Pour alimenter les systèmes de chauffage, vous avez également eu recours à la thalassothermie. De quoi s’agit-il concrètement ?
Ce système fonctionne sur le même principe que la géothermie, mais au lieu de puiser l’énergie dans le sol grâce à une pompe à chaleur, on utilise les calories ou frigories de l’eau de la mer pour alimenter les bâtiments en froid ou en chaud. En été, cela permet notamment d’avoir recours à un système de refroidissement naturel qui est beaucoup moins énergivore que la climatisation.
Côté biodiversité, une attention particulière a été portée à la "renaturation de la zone". A quelles difficultés avez-vous été confronté pour relever ce défi ?

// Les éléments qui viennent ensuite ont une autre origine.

-- ===== src/Controllers/Holding.antt =====
-- pdsno/controllers: the store that a controller shares with its approval engine. Both hold a
-- reference to one object: the controller's field is what the engine reads and writes.
use partially_distributed_sm.Common.{Option, String, nat_eq, none, some, string_eq, ℕ}
use partially_distributed_sm.Nib.Models.{Config, ConfigStatus}
use partially_distributed_sm.Nib.Store.{NibStore}
use partially_distributed_sm.Nib.Configs.{get_config, update_config_status}
use partially_distributed_sm.Config.Approval.Engine.{ConfigData, Engine}

abbrev pub with_nib : NibStore ConfigData → Engine → Engine
with_nib nib e = record e { nib_store = some nib }

abbrev pub nib_of : NibStore ConfigData → Engine → NibStore ConfigData
nib_of nib e = elim e.nib_store [ none ↦ nib | some written ↦ written ]

-- The row of a config, if there is one, is updated at the version that was read.
abbrev pub set_read_status :
    String
    → ConfigStatus
    → Option String
    → Option String
    → Option ℕ
    → ℕ
    → Option (Config ConfigData)
    → NibStore ConfigData
    → NibStore ConfigData
set_read_status id status approver token expiry now none nib = nib
set_read_status id status approver token expiry now (some c) nib =
    (update_config_status id status c.version approver token expiry now nib).0

unfoldable pub set_config_status :
    String
    → ConfigStatus
    → Option String
    → Option String
    → Option ℕ
    → ℕ
    → NibStore ConfigData
    → NibStore ConfigData
set_config_status id status approver token expiry now nib =
    set_read_status id status approver token expiry now (get_config id nib) nib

Les 14 hectares de la parcelle étaient entièrement pavés de dalles en béton. Il a donc fallu repartir de zéro afin de recréer de la vie dans le sol. Pendant deux ans et demi, l’aménageur Euromediterranée a travaillé en collaboration avec le CNRS de Montpellier et la Métropole Aix-Marseille pour tester des planches avec différents mélanges de terres. Celles prélevées sur place, qui n’étaient pas en très bon état, ont été mêlées à des terres provenant de la garrigue et du maquis. Plusieurs densités de plantations, et types d’irrigation et revêtements drainants ont également été expérimentés.
En termes de construction, la part de neuf est plus importante que la réhabilitation d’anciens ouvrages. Comment avez-vous dès lors réussi à minimiser l’empreinte carbone de ce poste ?

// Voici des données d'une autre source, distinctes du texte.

-- ===== src/Nib/Locks.antt =====
-- pdsno/datastore/sqlite_store.py: the coordination locks, which expire by themselves.
pub mod Exclusion
pub mod Holding
mod Tests
use partially_distributed_sm.Common.{
  Bool, List, Option, String, [], delete_rows, find_row, if◌then◌else◌, ltb, nat_eq, none,
  row_count, some, string_eq, ℕ, ◌&&◌, ◌*◌, ◌++◌, ◌+◌, ◌==◌, ◌∷◌,
}
use partially_distributed_sm.Platform.{microseconds_per_second}
use partially_distributed_sm.Nib.Models.{
  Lock, LockType, NibResult, Reply, integrity_error, lock_held_by, lock_not_held, lock_type_eq,
  refused, result, succeeded,
}
use partially_distributed_sm.Nib.Store.{NibStore}

-- `WHERE subject_id = ? AND lock_type = ?`
abbrev pub is_on : String → LockType → Lock → Bool
is_on subject_id lock_type l = l.subject_id == subject_id && l.lock_type == lock_type

-- `WHERE expires_at < ?`
abbrev pub is_stale : ℕ → Lock → Bool
is_stale now l = ltb l.expires_at now

abbrev pub has_lock_id : String → Lock → Bool
has_lock_id lock_id l = l.lock_id == lock_id

-- `WHERE lock_id = ? AND held_by = ?`
abbrev pub is_held : String → String → Lock → Bool
is_held lock_id held_by l = l.lock_id == lock_id && l.held_by == held_by

-- The calls that change the locks.
pub data LockCall : Type 0 where
  acquire : String → LockType → String → ℕ → Option String → ℕ → String → LockCall
  release : String → String → LockCall

module _ {Blob : Type 0} where
  -- The `INSERT` of `acquire_lock`; an exception rolls the clean-up back.
  abbrev pub insert_lock : Lock → NibStore Blob → NibStore Blob → NibStore Blob × Reply
  insert_lock l s cleaned = elim (find_row (has_lock_id l.lock_id) cleaned.locks) [
    | some _ ↦ (s, integrity_error)
    | none ↦
        (record cleaned { locks = cleaned.locks ++ l ∷ [] }, result (succeeded (some l.lock_id)))
  ]

  abbrev pub acquire_cleaned : Lock → NibStore Blob → NibStore Blob → NibStore Blob × Reply
  acquire_cleaned l s cleaned = elim (find_row (is_on l.subject_id l.lock_type) cleaned.locks) [
    | some other ↦ (cleaned, result (refused (lock_held_by other.held_by)))
    | none ↦ insert_lock l s cleaned
  ]

  -- `lock_id` is made by `uuid`, `now` is the clock.
  unfoldable pub acquire_lock :
      String
      → LockType
      → String
      → ℕ
      → Option String
      → ℕ
      → String
      → NibStore Blob
      → NibStore Blob × Reply
  acquire_lock subject_id lock_type held_by ttl_seconds associated_request now lock_id s =
      acquire_cleaned wanted s (record s { locks = delete_rows (is_stale now) s.locks })
    where
      wanted : Lock
      wanted = record {
        lock_id = lock_id;
        subject_id = subject_id;
        lock_type = lock_type;
        held_by = held_by;
        acquired_at = now;
        expires_at = now + ttl_seconds * microseconds_per_second;
        associated_request = associated_request;
      }

  unfoldable pub release_lock : String → String → NibStore Blob → NibStore Blob × NibResult
  release_lock lock_id held_by s =
      if row_count (is_held lock_id held_by) s.locks == 0
      then (s, refused lock_not_held)
      else (record s { locks = delete_rows (is_held lock_id held_by) s.locks }, succeeded none)

  unfoldable pub check_lock : String → LockType → ℕ → NibStore Blob → Option Lock
  check_lock subject_id lock_type now s =
      find_row (λ l. is_on subject_id lock_type l && ltb now l.expires_at) s.locks

  unfoldable pub lock_call : LockCall → NibStore Blob → NibStore Blob
  lock_call (acquire subject_id lock_type held_by ttl request now lock_id) s =
      (acquire_lock subject_id lock_type held_by ttl request now lock_id s).0
  lock_call (release lock_id held_by) s = (release_lock lock_id held_by s).0

  unfoldable pub lock_calls : List LockCall → NibStore Blob → NibStore Blob
  lock_calls [] s = s
  lock_calls (c ∷ cs) s = lock_calls cs (lock_call c s)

Un travail a été fait sur l’utilisation de bétons bas carbone et le réemploi de matériaux même si on reconnait que cela reste encore difficile. Au-delà du manque de structuration de la filière, les clients ne sont pas toujours volontaires. Pour réduire notre bilan carbone, nous avons tout de même réussi à développer une solution pour le traitement des terres. Brézillon, a installé un écocentre éphémère sur le chantier pour traiter et réemployer sur place d’importants volumes.
De manière globale, les écoquartiers ont pour vocation de limiter l’usage de la voiture. Quelle est sa place au sein des Fabriques ?
Dès le départ, il y avait la volonté d’avoir un quartier majoritairement piéton, traversé uniquement par deux axes où la circulation automobile est possible. Le nombre de places de stationnement est également limité sur la voie. Un tiers ont été réalisés en silo (environ 1220 places répartis sur deux parkings). Le reste est réservé pour la livraison ou des stationnements éphémères.
Quel a été l’accueil des habitants face à un tel projet ?
L’écoquartier étant situé dans une zone assez pauvre, il est clair que ce projet ne fait pas partie de leurs préoccupations majeures. A ce jour, il n’y a pas d’emballement mais pas non plus d’oppositions particulières. 463 logements ont déjà été livrés depuis 2023. Un travail est mené afin que les habitants s’approprient peu à peu les lieux, ainsi que ceux qui y travaillent ou y passent pour le loisir. L’objectif est d’avoir un quartier ouvert avec une mixité d’usages, destinés à tous et toutes.